Narratives of Disenchantment and Secularization: Critiquing Max Weber's Idea of Modernity
What does it really mean to be modern?

The contributors to this collection offer critical attempts both to re-read Max Weber's historical idea of disenchantment and to develop further his understanding of what the contested relationship between modernity and religion represents. The approach is distinctive because it focuses on disenchantment as key to understanding those aspects of modern society and culture that Weber diagnosed. This is in opposition to approaches that focus on secularization, narrowly construed as the rise of secularism or the divide between religion and politics, and that then conflate this with modernization as a whole.

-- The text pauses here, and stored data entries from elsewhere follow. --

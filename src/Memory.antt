-- ===== src/Memory.antt =====
-- The normalised memory map, src/kernel/memory.c: the regions that the boot loader reports.
-- What it prints is in Print.
pub mod Store
pub mod Walk
pub mod Read
pub mod Start
pub mod Print
pub mod Tests
use wig_osx.Base.{
  ℕ, zero, suc, ◌+◌, ◌-◌, Bool, true, false, ◌&&◌, ◌||◌, not, Option, none, some, List, ltb, leb,
  ◌==◌, if◌then◌else◌, bit_and, uint32_max, uint64_max, add32, add64, get_elem?, set, replicate,
}
use mathlib.Core.Option
use wig_osx.Status.{Status, ok, invalid_argument, unavailable, malformed_data}
use wig_osx.Multiboot.{
  PhysicalMemory, MultibootInfo, MemoryMapEntry, read_info, read_entry, memory_map_base_size,
  info_memory, info_memory_map, memory_available,
}

pub data RegionType : Type 0 where
  usable : RegionType
  reserved : RegionType

pub record Region : Type 0 where
  pub base_address : ℕ
  pub length : ℕ
  pub kind : RegionType

-- `MEMORY_MAX_REGIONS`.
abbrev pub max_regions : ℕ
max_regions = 32

-- The file's static variables.
pub record Memory : Type 0 where
  pub initialized : Bool
  pub basic_available : Bool
  pub map_available : Bool
  pub map_truncated : Bool
  pub lower_kb : ℕ
  pub upper_kb : ℕ
  pub usable_region_count : ℕ
  pub reserved_region_count : ℕ
  pub total_usable_bytes : ℕ
  pub total_reserved_bytes : ℕ
  pub regions : List Region
  pub region_count : ℕ

abbrev pub empty_region : Region
empty_region = record { base_address = 0; length = 0; kind = reserved }

-- `memory_reset_summary`: the state after it, whatever it was before.
unfoldable pub reset_summary : Memory
reset_summary = record {
  initialized = false;
  basic_available = false;
  map_available = false;
  map_truncated = false;
  lower_kb = 0;
  upper_kb = 0;
  usable_region_count = 0;
  reserved_region_count = 0;
  total_usable_bytes = 0;
  total_reserved_bytes = 0;
  regions = replicate max_regions empty_region;
  region_count = 0;
}

-- The counters and totals of one more region.
unfoldable pub count_region : Memory → ℕ → RegionType → Memory
count_region s length usable = record s {
  usable_region_count = add32 s.usable_region_count 1;
  total_usable_bytes = add64 s.total_usable_bytes length;
}
count_region s length reserved = record s {
  reserved_region_count = add32 s.reserved_region_count 1;
  total_reserved_bytes = add64 s.total_reserved_bytes length;
}

unfoldable pub store_region : Memory → Region → Memory
store_region s r =
    if leb max_regions s.region_count then record s { map_truncated = true } else record s {
      regions = set s.regions s.region_count r;
      region_count = add32 s.region_count 1;
    }

unfoldable pub add_region : Memory → ℕ → ℕ → RegionType → Memory
unfolding count_region store_region
add_region s base_address length kind =
    if length == 0
    then s
    else store_region (count_region s length kind)
        (record { base_address = base_address; length = length; kind = kind })

-- Why an entry at the current address is refused, in the order of the code's checks.
unfoldable pub entry_is_malformed : MemoryMapEntry → ℕ → Bool
entry_is_malformed e remaining_bytes =
    ltb remaining_bytes 4
    || ltb e.size memory_map_base_size
    || ltb (uint32_max - 4) e.size
    || ltb remaining_bytes (4 + e.size)
    || (not (e.len == 0) && ltb (uint64_max - e.len) e.base_addr)

unfoldable pub region_type : MemoryMapEntry → RegionType
region_type e = if e.kind == memory_available then usable else reserved

-- How one round of the loop of `memory_read_multiboot_map` ends: by a return, or at the next address.
pub data Round : Type 0 where
  return : Status → Memory → Round
  continue : ℕ → Memory → Round

-- One round, entered at `current_address < end_address`.
unfoldable pub read_round : PhysicalMemory → ℕ → ℕ → Memory → Round
unfolding entry_is_malformed region_type
read_round m current_address end_address s =
    let entry = read_entry m current_address in
    if entry_is_malformed entry (end_address - current_address)
    then return malformed_data s
    else let t = add_region s entry.base_addr entry.len (region_type entry) in
      if t.map_truncated
      then return malformed_data t
      else continue (add32 current_address (4 + entry.size)) t

-- The loop. `none` means that the fuel ran out.
unfoldable pub read_entries : ℕ → PhysicalMemory → ℕ → ℕ → Memory → Option (Status × Memory)
read_entries zero m current_address end_address s =
    if ltb current_address end_address then none else some (ok, s)
read_entries (suc fuel) m current_address end_address s = elim (ltb current_address end_address) [
  | false ↦ some (ok, s)
  | true ↦ elim (read_round m current_address end_address s) [
    | return status t ↦ some (status, t)
    | continue next t ↦ read_entries fuel m next end_address t
  ]
]

-- What follows the loop: an empty map is refused.
unfoldable pub check_count : Status × Memory → Status × Memory
check_count (ok, s) = if s.region_count == 0 then (malformed_data, s) else (ok, s)
check_count (status, s) = (status, s)

-- `memory_read_multiboot_map`, whose `info` is not `NULL`. Each round takes 24 bytes or more.
unfoldable pub read_multiboot_map :
    PhysicalMemory → MultibootInfo → Memory → Option (Status × Memory)
read_multiboot_map m info s =
    if info.mmap_addr == 0 || info.mmap_length == 0
    then some (invalid_argument, s)
    else if ltb (uint32_max - info.mmap_addr) info.mmap_length
    then some (malformed_data, s)
    else Option.map check_count
        (read_entries info.mmap_length m info.mmap_addr (add32 info.mmap_addr info.mmap_length) s)

unfoldable pub set_basic : MultibootInfo → Memory → Memory
set_basic info s =
    if bit_and info.flags info_memory == 0
    then s
    else record s { basic_available = true; lower_kb = info.mem_lower; upper_kb = info.mem_upper }

unfoldable pub set_available : Status × Memory → Status × Memory
set_available (ok, s) = (ok, record s { map_available = true; initialized = true })
set_available (status, s) = (status, s)

unfoldable pub initialize : PhysicalMemory → ℕ → Option (Status × Memory)
unfolding set_basic set_available
initialize m multiboot_info_address =
    if multiboot_info_address == 0
    then some (invalid_argument, reset_summary)
    else let info = read_info m multiboot_info_address in
      let s = set_basic info reset_summary in
      if bit_and info.flags info_memory_map == 0 || info.mmap_addr == 0 || info.mmap_length == 0
      then some (unavailable, s)
      else Option.map set_available (read_multiboot_map m info s)

-- `memory_get_region`: `none` for `NULL`.
unfoldable pub get_region : Memory → ℕ → Option Region
get_region s index = if leb s.region_count index then none else get_elem? s.regions index
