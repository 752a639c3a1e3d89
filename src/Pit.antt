-- ===== src/Pit.antt =====
-- The timer, src/drivers/pit.c: programming of the 8253, and the tick count.
mod Tests
use Prim.Native.String.{String}
use wig_osx.Base.{
  ℕ, ◌+◌, ◌-◌, ◌*◌, ◌/◌, ◌%◌, ◌≤◌, ◌<◌, ◌≡◌, refl, ap, ◌∙◌, Bool, true, false, ◌&&◌, ◌||◌, List, [],
  ◌∷◌, arith, ltb, leb, ◌⊎◌, inl, inr, Bool-cases, ◌==◌, if◌then◌else◌, bit_and, bit_or, add32,
}
use wig_osx.Base.Bits.{bit_and-ones}
use wig_osx.Pic.{Write, outb}

abbrev pub base_frequency : ℕ
base_frequency = 1193182

abbrev pub channel0_port : ℕ
channel0_port = 0x40

abbrev pub command_port : ℕ
command_port = 0x43

abbrev pub max_divisor : ℕ
max_divisor = 65535

-- `PIT_MIN_FREQUENCY_HZ`: the frequency whose divisor just fits 16 bits, rounded up.
abbrev pub min_frequency_hz : ℕ
min_frequency_hz = (base_frequency + max_divisor - 1) / max_divisor

-- The result, the tick count after, and the writes to ports in order.
pub record Programmed : Type 0 where
  pub done : Bool
  pub ticks : ℕ
  pub writes : List Write

unfoldable pub initialize : ℕ → ℕ → Programmed
initialize ticks frequency_hz =
    if ltb frequency_hz min_frequency_hz || ltb base_frequency frequency_hz
    then record { done = false; ticks = ticks; writes = [] }
    else let divisor = base_frequency / frequency_hz in
      if divisor == 0 || ltb max_divisor divisor
      then record { done = false; ticks = ticks; writes = [] }
      else record {
        done = true;
        ticks = 0;
        writes =
            outb command_port (bit_or (bit_or (bit_or 0x00 0x30) 0x06) 0x00)
            ∷ outb channel0_port (bit_and divisor 0xFF)
            ∷ outb channel0_port (bit_and (divisor / 256) 0xFF)
            ∷ [];
      }

-- The message of every hundredth tick.
tick_message : ℕ → List String
tick_message ticks =
    "[wigOSX] PIT tick: "
    ∷ (if ticks == 100
        then "100\n"
        else if ticks == 200
        then "200\n"
        else if ticks == 300
        then "300\n"
        else "another second passed\n")
    ∷ []

-- `pit_handle_interrupt`: the tick count after, and what is written to the serial port.
unfoldable pub handle_interrupt : ℕ → ℕ × List String
unfolding tick_message
handle_interrupt ticks =
    let next = add32 ticks 1 in (next, if next % 100 == 0 then tick_message next else [])

-- The divisor that the timer is left with: the command selects low byte, then high byte.
abbrev pub divisor_of : List Write → ℕ
divisor_of (command ∷ (low ∷ (high ∷ []))) = low.value + 256 * high.value
divisor_of _ = 0

quotient_bounds :
    (f : ℕ)
    → 19 ≤ f
    → f ≤ base_frequency
    → (1 ≤ base_frequency / f) × (base_frequency / f ≤ max_divisor)
quotient_bounds f h k = (grind arith, grind arith)

-- The divisor written is the quotient.
programmed :
    (ticks f : ℕ)
    → 19 ≤ f
    → f ≤ base_frequency
    → initialize ticks f ≡ record {
      done = true;
      ticks = 0;
      writes =
          outb command_port 0x36
          ∷ outb channel0_port (base_frequency / f % 256)
          ∷ outb channel0_port (base_frequency / f / 256)
          ∷ [];
    }
unfolding initialize
programmed ticks f h k = ground (
  arith,
  quotient_bounds f h k,
  bit_and-ones 8 (base_frequency / f),
  bit_and-ones 8 (base_frequency / f / 256),
)

-- `pit_initialize` accepts exactly the frequencies from 19 Hz to 1193182 Hz. It then writes the command 0x36
-- and a divisor from 1 to 65535, low byte first, that is the base frequency over the frequency asked
-- for, rounded down; and the tick count starts at 0. It refuses any other with no write and no change.
pub initialize_lem :
    (ticks f : ℕ)
    → ((19 ≤ f)
        × (f ≤ 1193182)
        × (initialize ticks f ≡ record {
          done = true;
          ticks = 0;
          writes =
              outb command_port 0x36
              ∷ outb channel0_port (base_frequency / f % 256)
              ∷ outb channel0_port (base_frequency / f / 256)
              ∷ [];
        })
        × (divisor_of (initialize ticks f).writes ≡ base_frequency / f)
        × (1 ≤ base_frequency / f)
        × (base_frequency / f ≤ max_divisor))
      ⊎ (((f < 19) ⊎ (1193182 < f))
          × (initialize ticks f ≡ record { done = false; ticks = ticks; writes = [] }))
unfolding initialize
initialize_lem ticks f = elim (Bool-cases (leb 19 f && leb f base_frequency)) [
  | inl e ↦
      let (lo, hi) = quotient_bounds f (ground arith) (ground arith) in
      let p = programmed ticks f (ground arith) (ground arith) in
      inl (
        ground arith,
        ground arith,
        p,
        ap (λ (r : Programmed). divisor_of r.writes) p ∙ omega arith,
        lo,
        hi,
      )
  | inr e ↦ inr (ground arith, ground arith)
]
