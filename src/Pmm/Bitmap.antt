-- ===== src/Pmm/Bitmap.antt =====
-- A frame bitmap: one bit for each physical frame, 32 frames to a word (src/mm/pmm.c).
use wig_osx.Base.{
  ℕ, ◌-◌, ◌*◌, ◌/◌, ◌%◌, ◌^◌, ◌≤◌, ◌≡◌, Bool, true, false, not, arith, ◌==◌, if◌then◌else◌, bit_and,
  bit_or, uint32_max, update,
}
use wig_osx.Base.Bits.{
  bit, bit-le-one, bit-bit_and, bit-bit_or, bit-pow, bit-ones, zero-bit, bit-complement,
  bit_and-pow,
}
use native.Mathlib.Nat.{one-le-pow}

-- The words of `pmm_bitmap` or `pmm_allocated_bitmap`, by their index.
abbrev pub Words : Type 0
Words = ℕ → ℕ

pub bitmap_word_index : ℕ → ℕ
bitmap_word_index frame_index = frame_index / 32

pub bitmap_bit_mask : ℕ → ℕ
bitmap_bit_mask frame_index = 2 ^ (frame_index % 32)

-- `(bitmap[word_index] & bit_mask) != 0`.
unfoldable pub test : Words → ℕ → Bool
unfolding bitmap_word_index bitmap_bit_mask
test bitmap frame_index =
    not (bit_and (bitmap (bitmap_word_index frame_index)) (bitmap_bit_mask frame_index) == 0)

-- `bitmap[word_index] |= bit_mask`.
unfoldable pub mark : Words → ℕ → Words
unfolding bitmap_word_index bitmap_bit_mask
mark bitmap frame_index =
    update bitmap (bitmap_word_index frame_index)
      (bit_or (bitmap (bitmap_word_index frame_index)) (bitmap_bit_mask frame_index))

-- `bitmap[word_index] &= ~bit_mask`.
unfoldable pub unmark : Words → ℕ → Words
unfolding bitmap_word_index bitmap_bit_mask
unmark bitmap frame_index =
    update bitmap (bitmap_word_index frame_index)
      (bit_and (bitmap (bitmap_word_index frame_index)) (uint32_max - bitmap_bit_mask frame_index))

mul-pow-ne-zero : (b k : ℕ) → b ≤ 1 → (not (b * 2 ^ k == 0)) ≡ (b == 1)
mul-pow-ne-zero b k h = grind (arith, one-le-pow k 2)

-- The test reads one bit of one word.
test_lem : (bm : Words) (f : ℕ) → test bm f ≡ (bit (bm (f / 32)) (f % 32) == 1)
unfolding test
test_lem bm f =
    rw (bit_and-pow (f % 32) (bm (f / 32)))
      (mul-pow-ne-zero _ (f % 32) (bit-le-one (bm (f / 32)) (f % 32)))

pub test-mark : (bm : Words) (f g : ℕ) → test (mark bm f) g ≡ (if f == g then true else test bm g)
unfolding mark
test-mark bm f g = ground (
  arith,
  test_lem (mark bm f) g,
  test_lem bm g,
  bit-bit_or (g % 32) (bm (f / 32)) (2 ^ (f % 32)),
  bit-pow (f % 32) (g % 32),
  bit-le-one (bm (g / 32)) (g % 32),
)

pub test-unmark :
    (bm : Words) (f g : ℕ) → test (unmark bm f) g ≡ (if f == g then false else test bm g)
unfolding unmark
test-unmark bm f g = ground (
  arith,
  test_lem (unmark bm f) g,
  test_lem bm g,
  bit-bit_and (g % 32) (bm (f / 32)) (uint32_max - 2 ^ (f % 32)),
  bit-complement 32 (f % 32) (g % 32) (omega arith) (omega arith),
  bit-le-one (bm (g / 32)) (g % 32),
)

-- The words that `pmm_reset_bitmap` writes.
pub test-ones : (f : ℕ) → test (λ _. 0xFFFFFFFF) f ≡ true
test-ones f = ground (arith, test_lem (λ _. 0xFFFFFFFF) f, bit-ones 32 (f % 32))

pub test-zeros : (f : ℕ) → test (λ _. 0) f ≡ false
test-zeros f = ground (arith, test_lem (λ _. 0) f, zero-bit (f % 32))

Other novel contributions are discussions of temporality - meaning the sense of time or of historical change that posits a separation between an ostensibly secular modernity and its religious past - and of the manner in which such a sense of time is constructed and disseminated through narratives that themselves may resemble religious myths. It reflects the idea that disenchantment is a narrative with either Enlightenment, Romantic, or Christian roots, thereby developing a conversation between critical studies in the field of secularism (such as those of Talal Asad and Gil Anidjar) and conceptual history approaches to secularization and modernity (such as those of Karl Löwith and Reinhart Koselleck), and in the process creates something that is more than merely the sum of its parts.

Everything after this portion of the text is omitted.